# [ASSIGNED TASK]
Copy exactly the lines of the data below that run from the line holding "-- The masquerade" through the line holding "if r.ok then", both ends included.
-------- ENTRIES PROVIDED
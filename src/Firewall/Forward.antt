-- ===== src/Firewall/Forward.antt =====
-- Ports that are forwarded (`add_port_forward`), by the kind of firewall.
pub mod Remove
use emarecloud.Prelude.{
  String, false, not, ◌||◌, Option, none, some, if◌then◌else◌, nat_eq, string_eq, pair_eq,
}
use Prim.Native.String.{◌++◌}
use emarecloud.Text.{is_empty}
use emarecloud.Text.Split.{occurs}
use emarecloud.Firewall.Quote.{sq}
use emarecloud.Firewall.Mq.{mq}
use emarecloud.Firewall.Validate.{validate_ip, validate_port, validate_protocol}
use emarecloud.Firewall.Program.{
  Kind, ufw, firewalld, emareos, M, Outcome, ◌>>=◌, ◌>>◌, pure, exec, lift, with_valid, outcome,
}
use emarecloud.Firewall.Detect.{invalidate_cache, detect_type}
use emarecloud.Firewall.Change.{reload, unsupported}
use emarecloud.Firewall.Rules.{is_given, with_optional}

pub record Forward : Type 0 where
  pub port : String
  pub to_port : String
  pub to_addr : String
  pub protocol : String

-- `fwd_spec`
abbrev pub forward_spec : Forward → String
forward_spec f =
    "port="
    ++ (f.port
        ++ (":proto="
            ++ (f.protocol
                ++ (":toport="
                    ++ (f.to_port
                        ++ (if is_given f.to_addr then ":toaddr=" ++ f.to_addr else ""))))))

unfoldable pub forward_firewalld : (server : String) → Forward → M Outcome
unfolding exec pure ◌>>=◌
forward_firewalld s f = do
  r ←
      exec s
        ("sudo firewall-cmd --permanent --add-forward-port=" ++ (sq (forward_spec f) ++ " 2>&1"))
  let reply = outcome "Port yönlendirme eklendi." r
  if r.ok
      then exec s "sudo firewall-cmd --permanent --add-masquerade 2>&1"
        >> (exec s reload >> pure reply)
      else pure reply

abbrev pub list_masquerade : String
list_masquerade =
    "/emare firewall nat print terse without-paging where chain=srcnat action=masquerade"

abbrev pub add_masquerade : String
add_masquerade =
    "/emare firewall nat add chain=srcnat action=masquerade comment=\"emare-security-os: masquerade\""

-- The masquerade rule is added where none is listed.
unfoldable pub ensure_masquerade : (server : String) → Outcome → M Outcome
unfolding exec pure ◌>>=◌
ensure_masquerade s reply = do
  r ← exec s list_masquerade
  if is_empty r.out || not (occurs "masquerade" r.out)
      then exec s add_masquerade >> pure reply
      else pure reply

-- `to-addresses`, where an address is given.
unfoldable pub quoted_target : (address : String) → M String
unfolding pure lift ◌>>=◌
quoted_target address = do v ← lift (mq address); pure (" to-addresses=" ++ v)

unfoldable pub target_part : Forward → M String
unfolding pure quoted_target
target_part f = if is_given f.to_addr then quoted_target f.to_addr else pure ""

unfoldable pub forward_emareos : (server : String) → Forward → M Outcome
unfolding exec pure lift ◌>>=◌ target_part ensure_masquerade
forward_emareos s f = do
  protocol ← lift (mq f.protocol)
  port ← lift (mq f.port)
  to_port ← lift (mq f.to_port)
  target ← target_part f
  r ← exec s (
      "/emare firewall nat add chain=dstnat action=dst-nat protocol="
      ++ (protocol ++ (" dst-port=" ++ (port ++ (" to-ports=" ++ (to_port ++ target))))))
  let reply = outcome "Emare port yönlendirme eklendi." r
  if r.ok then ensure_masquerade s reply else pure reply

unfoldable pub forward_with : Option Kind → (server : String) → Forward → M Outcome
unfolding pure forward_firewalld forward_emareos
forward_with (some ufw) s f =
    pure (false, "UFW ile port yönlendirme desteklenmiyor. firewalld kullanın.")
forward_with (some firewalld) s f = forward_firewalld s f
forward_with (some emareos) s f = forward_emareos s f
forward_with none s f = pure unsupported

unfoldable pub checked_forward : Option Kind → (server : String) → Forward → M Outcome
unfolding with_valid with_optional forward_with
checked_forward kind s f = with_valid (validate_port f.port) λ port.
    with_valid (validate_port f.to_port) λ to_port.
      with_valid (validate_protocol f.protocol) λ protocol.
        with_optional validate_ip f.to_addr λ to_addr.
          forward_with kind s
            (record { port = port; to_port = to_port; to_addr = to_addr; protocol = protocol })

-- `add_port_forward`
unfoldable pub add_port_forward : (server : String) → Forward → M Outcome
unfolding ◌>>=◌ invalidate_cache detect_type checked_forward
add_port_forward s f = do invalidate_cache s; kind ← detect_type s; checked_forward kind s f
----------------
-------- ENTRIES PROVIDED
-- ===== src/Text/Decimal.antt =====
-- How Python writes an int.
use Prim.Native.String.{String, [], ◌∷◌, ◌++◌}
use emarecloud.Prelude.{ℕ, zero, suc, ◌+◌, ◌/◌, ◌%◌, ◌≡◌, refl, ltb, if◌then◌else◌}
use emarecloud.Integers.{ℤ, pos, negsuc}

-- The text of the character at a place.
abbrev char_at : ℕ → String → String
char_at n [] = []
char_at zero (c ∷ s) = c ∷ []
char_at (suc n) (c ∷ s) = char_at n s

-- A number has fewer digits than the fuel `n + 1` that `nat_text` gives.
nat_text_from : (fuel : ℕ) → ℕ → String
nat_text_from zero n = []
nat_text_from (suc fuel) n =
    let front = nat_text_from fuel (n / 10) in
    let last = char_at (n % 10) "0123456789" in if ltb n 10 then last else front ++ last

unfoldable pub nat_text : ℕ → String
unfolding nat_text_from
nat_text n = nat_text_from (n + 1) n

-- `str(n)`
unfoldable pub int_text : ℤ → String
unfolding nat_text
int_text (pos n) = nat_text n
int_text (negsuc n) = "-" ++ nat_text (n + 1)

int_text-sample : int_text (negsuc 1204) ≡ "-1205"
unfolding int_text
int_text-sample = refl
----------------
# [TASK RESPONSE]
-- The masquerade rule is added where none is listed.
unfoldable pub ensure_masquerade : (server : String) → Outcome → M Outcome
unfolding exec pure ◌>>=◌
ensure_masquerade s reply = do
  r ← exec s list_masquerade
  if is_empty r.out || not (occurs "masquerade" r.out)
      then exec s add_masquerade >> pure reply
      else pure reply

-- `to-addresses`, where an address is given.
unfoldable pub quoted_target : (address : String) → M String
unfolding pure lift ◌>>=◌
quoted_target address = do v ← lift (mq address); pure (" to-addresses=" ++ v)

unfoldable pub target_part : Forward → M String
unfolding pure quoted_target
target_part f = if is_given f.to_addr then quoted_target f.to_addr else pure ""

unfoldable pub forward_emareos : (server : String) → Forward → M Outcome
unfolding exec pure lift ◌>>=◌ target_part ensure_masquerade
forward_emareos s f = do
  protocol ← lift (mq f.protocol)
  port ← lift (mq f.port)
  to_port ← lift (mq f.to_port)
  target ← target_part f
  r ← exec s (
      "/emare firewall nat add chain=dstnat action=dst-nat protocol="
      ++ (protocol ++ (" dst-port=" ++ (port ++ (" to-ports=" ++ (to_port ++ target))))))
  let reply = outcome "Emare port yönlendirme eklendi." r
  if r.ok then ensure_masquerade s reply else pure reply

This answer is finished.